Jacobin | At four o’clock in the afternoon on October 17, 2019, the Mexican city
of Culiacán, capital of the northeastern state of Sinaloa, erupted in
gunfire. Minutes before, in the exclusive Tres Ríos district, members of
the army and National Guard had arrested Ovidio Guzmán López, son of
the jailed former head of the Sinaloa Cartel, Joaquín Guzmán (“El
Chapo”), and one of the organization’s new generation of leaders.
The response was immediate: taking to the streets, cartel members
fired rounds of automatic weapons from trucks and blocked intersections
with burning vehicles, all in a bid to sow chaos. Surrounding the armed forces involved in the raid, they cut off access on the three bridges leading out of the area.

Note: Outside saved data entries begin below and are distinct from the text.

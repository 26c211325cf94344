-- ===== src/Device/Boot/Served.antt =====
-- What the getters of the firmware serve: mib_ii.c, mib_wespe.c, mib_iftable.c and mib_sensor_table.c of
-- firmware/components/mib.
use wespe.Prelude.{ℕ, ◌≡◌, refl, arith, length, All}
use wespe.Mib.Types.{MibResult, Varbind, Resolved}
use wespe.Mib.Registry.Sorted.{AllSorted}
use wespe.Mib.Tables.{populate_scalar, populate_cell}
use wespe.Mib.Resolve.{resolved_get, target_get}
use wespe.Mib.Resolve.Next.{IsTable, IsInstance}
use wespe.Mib.Resolve.Instances.{IsInstance-all}
use wespe.Hal.Interfaces.{Hal}
use wespe.Device.Types.{Device}
use wespe.Device.System.{
  get_sys_descr, get_sys_object_id, get_sys_uptime, get_sys_contact, get_sys_name, get_sys_location,
  get_sys_services,
}
use wespe.Device.Wespe.{
  get_temperature, get_relay_state, get_uptime_seconds, get_free_heap, get_wifi_rssi,
}
use wespe.Device.Interfaces.{
  iftable, ifxtable, iftable_columns, ifxtable_columns, get_if_number, iftable_get_cell,
  ifxtable_get_cell,
}
use wespe.Device.Sensors.{sensor_table, sensor_table_columns, sensor_get_cell}
use wespe.Device.Boot.{register_all}
use wespe.Device.Boot.Registered.{
  firmware, firmware-AllSorted, firmware-IsTable, register_all-firmware,
}

module _ {H : Type 0} where
  -- After MIB_OK the varbind has the declared type, and the OID that it had.
  abbrev pub ServesType : Resolved (Device H) → Type 0
  ServesType r =
      (d d' : Device H) (vb vb' : Varbind)
      → resolved_get r d vb ≡ (MibResult.ok, vb', d')
      → (vb'.value_tag ≡ r.value_tag) × (vb'.oid ≡ vb.oid)

module _ {H : Type 0} (hal : Hal H) where
  scalars-ServesType : All (All (λ o. ServesType (populate_scalar o))) (firmware hal).modules
  unfolding resolved_get target_get populate_scalar get_sys_descr get_sys_object_id get_sys_uptime
      get_sys_contact get_sys_name get_sys_location get_sys_services get_temperature get_relay_state
      get_uptime_seconds get_free_heap get_wifi_rssi get_if_number
  scalars-ServesType = (
    (
      λ d d' vb vb' e. ground arith,
      (
        λ d d' vb vb' e. ground arith,
        (
          λ d d' vb vb' e. ground arith,
          (
            λ d d' vb vb' e. ground arith,
            (
              λ d d' vb vb' e. ground arith,
              (λ d d' vb vb' e. ground arith, (λ d d' vb vb' e. ground arith, tt)),
            ),
          ),
        ),
      ),
    ),
    (
      (
        λ d d' vb vb' e. ground arith,
        (
          λ d d' vb vb' e. ground arith,
          (
            λ d d' vb vb' e. ground arith,
            (λ d d' vb vb' e. ground arith, (λ d d' vb vb' e. ground arith, tt)),
          ),
        ),
      ),
      ((λ d d' vb vb' e. ground arith, tt), tt),
    ),
  )

  iftable-ServesType :
      All (λ col. (i : ℕ) → ServesType (populate_cell (iftable hal) col i)) iftable_columns
  unfolding resolved_get target_get populate_cell iftable_get_cell
  iftable-ServesType = (
    λ i d d' vb vb' e. ground arith,
    (
      λ i d d' vb vb' e. ground arith,
      (
        λ i d d' vb vb' e. ground arith,
        (
          λ i d d' vb vb' e. ground arith,
          (
            λ i d d' vb vb' e. ground arith,
            (
              λ i d d' vb vb' e. ground arith,
              (
                λ i d d' vb vb' e. ground arith,
                (
                  λ i d d' vb vb' e. ground arith,
                  (
                    λ i d d' vb vb' e. ground arith,
                    (λ i d d' vb vb' e. ground arith, (λ i d d' vb vb' e. ground arith, tt)),
                  ),
                ),
              ),
            ),
          ),
        ),
      ),
    ),
  )

  ifxtable-ServesType :
      All (λ col. (i : ℕ) → ServesType (populate_cell (ifxtable {H = H}) col i)) ifxtable_columns
  unfolding resolved_get target_get populate_cell ifxtable_get_cell
  ifxtable-ServesType = (
    λ i d d' vb vb' e. ground arith,
    (λ i d d' vb vb' e. ground arith, (λ i d d' vb vb' e. ground arith, tt)),
  )

  sensors-ServesType :
      All
        (λ col. (i : ℕ) → ServesType (populate_cell (sensor_table hal) col i))
        sensor_table_columns
  unfolding resolved_get target_get populate_cell sensor_get_cell
  sensors-ServesType = (
    λ i d d' vb vb' e. ground arith,
    (
      λ i d d' vb vb' e. ground arith,
      (
        λ i d d' vb vb' e. ground arith,
        (λ i d d' vb vb' e. ground arith, (λ i d d' vb vb' e. ground arith, tt)),
      ),
    ),
  )

  firmware-ServesType :
      (d : Device H) (r : Resolved (Device H)) → IsInstance (firmware hal) d r → ServesType r
  firmware-ServesType d r m =
      IsInstance-all ServesType (firmware hal) d r scalars-ServesType
        (iftable-ServesType, (ifxtable-ServesType, (sensors-ServesType, tt))) m

  -- What app_main registers is all registered, and it keeps to the contract of mib_tree.h and
  -- mib_table.h in every state of the device: modules are sorted by OID, and columns by number; the
  -- index callbacks enumerate ascending uint32_t; and a getter that returns MIB_OK leaves a value of
  -- the type that the object or the column declares, and leaves the OID alone.
  pub register_all-KeepsContract :
      (hardware : H)
      → AllSorted (register_all hal hardware).0.modules
        × ((d : Device H) → All (λ t. IsTable t d) (register_all hal hardware).0.tables)
        × ((d : Device H) (r : Resolved (Device H))
            → IsInstance (register_all hal hardware).0 d r
            → ServesType r)
        × (length (register_all hal hardware).0.modules ≡ 3)
        × (length (register_all hal hardware).0.tables ≡ 3)
  register_all-KeepsContract hardware =
      rw (register_all-firmware hal hardware)
        (firmware-AllSorted hal, firmware-IsTable hal, firmware-ServesType, refl, refl)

Over the radio frequencies used by the police and the army, the
cartel proceeded to announce that, if Guzmán was not freed, it would
take revenge against both the family members of those participating and
the general public. Following hasty deliberations, the federal security
cabinet decided to go ahead and release Guzmán, a decision approved by
President Andrés Manuel López Obrador (AMLO).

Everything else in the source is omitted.